Während die E3+3 und Iran sich einen Monat vor Ablauf der Deadline einer schwierigen Entwurfsphase der Atomverhandlungen nähern, gibt es für Europa Möglichkeiten, auf diplomatischem Weg zum Erfolg zu kommen. Dabei bringt ein Atomabkommen nicht nur Europas Nichtverbreitungs-Interessen voran. Es vermeidet auch militärische Eskalation und könnte neue Wege für einen Dialog bezüglich der regionalen Sicherheit mit dem Iran schaffen.

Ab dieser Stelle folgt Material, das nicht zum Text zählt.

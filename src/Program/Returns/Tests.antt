-- ===== src/Program/Returns/Tests.antt =====
-- A child before the first block of a cluster that is in the file.
use p2p_live_streming_system.Prelude.{
  ℕ, suc, ◌≡◌, refl, [], ◌∷◌, ◌++◌, arith, at, shift, replicate, append-IsByte, replicate-IsByte,
  Buf,
}
use p2p_live_streming_system.Ebml.{footer, get_chank, get_ebml_id, get_data_bytes, msb_scan, carry}
use p2p_live_streming_system.Ebml.Reach.{IsSized}
use p2p_live_streming_system.Block.Scan.{WellSized, IsMedia, id_at, next_at}
use p2p_live_streming_system.Block.Total.{IsScannable}
use p2p_live_streming_system.Fault.{ok}
use p2p_live_streming_system.Store.Seek.{cal_offset, cluster_offset, search_webm}
use p2p_live_streming_system.Node.Tests.{one_child}
use p2p_live_streming_system.Node.Invariant.{Counted}
use p2p_live_streming_system.Program.{Program}
use p2p_live_streming_system.Program.Cache.{send_mul_stream, block_buffer}
use p2p_live_streming_system.Program.Progress.{Streamed}
use p2p_live_streming_system.Program.Gets.{Sent}
use p2p_live_streming_system.Program.Returns.{HasBytes, send_mul_stream-returns}
use p2p_live_streming_system.Program.Tests.{program, first, first-IsReady, elements, empty_cluster}

abbrev pub serving : Program
serving = record program { node = (let n = one_child in record n { child_block = λ i. first }) }

pub serving-Counted : Counted serving.node
serving-Counted = record { count = refl; bits = omega arith }

pub serving-HasBytes : HasBytes (at []) serving.store
serving-HasBytes = record {
  file =
      append-IsByte (11 ∷ 12 ∷ footer) (elements ++ (footer ++ replicate 1000 7)) (ground arith) (
        append-IsByte elements (footer ++ replicate 1000 7) (ground arith) (
          append-IsByte footer (replicate 1000 7) (ground arith)
            λ i. replicate-IsByte 1000 7 i (omega arith)));
  memory = λ i. omega arith;
}

meets-WellSized :
    (buf : Buf) (n req p k : ℕ)
    → IsSized (shift buf p)
    → next_at buf p ≡ k
    → WellSized buf n req k
    → WellSized buf (suc n) req p
meets-WellSized buf n req p k s e w = (s, λ fits media. rw e w)

ends-WellSized :
    (buf : Buf) (n req p : ℕ)
    → IsSized (shift buf p)
    → ¬ IsMedia (id_at buf p)
    → WellSized buf (suc n) req p
ends-WellSized buf n req p s e = (s, λ fits media. absurd (e media))

-- The lengths of the two elements and of the Cluster behind them.
abbrev pub Met : Buf → Type 0
Met buf =
    IsSized (shift buf 0)
    × (next_at buf 0 ≡ 3)
    × IsSized (shift buf 3)
    × (next_at buf 3 ≡ 8)
    × IsSized (shift buf 8)
    × ¬ IsMedia (id_at buf 8)

pub Met-WellSized : (buf : Buf) → Met buf → WellSized buf 1001 1000 0
Met-WellSized buf (s0, e0, s1, e1, s2, e2) =
    meets-WellSized buf 1000 1000 0 3 s0 e0
      (meets-WellSized buf 999 1000 3 8 s1 e1 (ends-WellSized buf 998 1000 8 s2 e2))

first-Met : Met (shift (block_buffer serving.store (at []) first) 0)
unfolding get_chank get_ebml_id get_data_bytes msb_scan carry cal_offset cluster_offset search_webm
first-Met = (
  λ z. absurd (omega arith),
  refl,
  λ z. absurd (omega arith),
  refl,
  λ z. absurd (omega arith),
  λ m. ground arith,
)

pub first-IsScannable : IsScannable 0 (block_buffer serving.store (at []) first)
unfolding IsScannable
first-IsScannable = Met-WellSized (shift (block_buffer serving.store (at []) first) 0) first-Met

send_mul_stream-returns_example :
    (q : Program) × (ret : ℕ) × (send_mul_stream (at []) serving ≡ ok (q, ret))
    × (Streamed 0 serving q ret)
    × Sent (at []) 0 serving q
send_mul_stream-returns_example =
    send_mul_stream-returns (at []) serving (record empty_cluster { seq = 1 }) empty_cluster refl
      serving-Counted serving-HasBytes
      λ i h lagging. record { ready = first-IsReady; scannable = first-IsScannable }
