-- ===== src/Origin/Main/First/Tests.antt =====
-- The origin before the first cluster of a file with a header of two bytes.
use p2p_live_streming_system.Prelude.{ℕ, List, [], ◌∷◌, ◌++◌, take, replicate}
use p2p_live_streming_system.Ebml.{footer}
use p2p_live_streming_system.Ebml.Header.{cluster_header}
use p2p_live_streming_system.Program.{Program}
use p2p_live_streming_system.Program.Tests.{first, elements}
use p2p_live_streming_system.Program.Returns.Tests.{serving}
use p2p_live_streming_system.Origin.Main.{started}
use p2p_live_streming_system.Origin.Main.Opened.{Opened}
use p2p_live_streming_system.Origin.Main.First.{first_cluster}

-- The file that was read for the header, and the file with the first cluster.
abbrev before : List ℕ
before = 11 ∷ 12 ∷ []

abbrev behind : List ℕ
behind = elements ++ (footer ++ replicate 1000 7)

abbrev file : List ℕ
file = take 2 before ++ (cluster_header 8 ++ behind)

abbrev headed : Program
headed = record serving {
  store = (let s = serving.store in record s { webm_header = before; total_file_bytes = 2 });
}

abbrev opened_program : Program
opened_program = started (λ k. k) (λ i. first) headed

abbrev clustered : Program
clustered = first_cluster file (λ k. k) 8 opened_program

Ellie Geranmayeh zeigt vier Szenarien zur Zukunft der Atomgespräche auf:

  • Es wird bis zum Ablauf der vorläufigen Deadline am 20. Juli eine Einigung erzielt
  • Der Übergangs-Deal wird um weitere 6 Monate verlängert
  • Der U.S. Kongress verhindert die Umsetzung eines endgültigen Abkommens
  • Die Verhandlungen scheitern

Sollte eine Vereinbarung getroffen werden, könnten die Europäer eine wichtige Rolle bei deren Umsetzung spielen. In dem wahrscheinlicheren Fall, dass der Übergangs-Deal verlängert wird, müsste Europa Teheran wirtschaftliche Beihilfe im Austausch für die Fortsetzung der dem Iran auferlegten Beschränkungen seines Atomprogramms bieten. Gleichzeitig befürwortet Geranmayeh die Entwicklung eines europäischen Plans zur Schadensbegrenzung um möglichen Behinderungen der Verhandlungen durch iranische Hardliner im Majilis und im Kongress, entgegenzuwirken. Sollte die U.S.-Gesetzgebung das Weiße Haus an der Umsetzung eines endgültigen Abkommens hindern, muss Europa sich an seinen eigenen Interessen orientieren anstatt einem obstruktiven Kongress blind zu folgen. Verpflichtet sich Teheran weiterhin, diplomatische Mittel und eingegangene Vereinbarungen einzuhalten, sollte Europa einen Schritt weiter gehen als die USA  und die Verhandlungen durch die Lockerung einseitiger Sanktionen retten. In diesem Fall müssten europäische Unternehmen vor den sekundären Auswirkungen der U.S.-Sanktionen geschützt werden.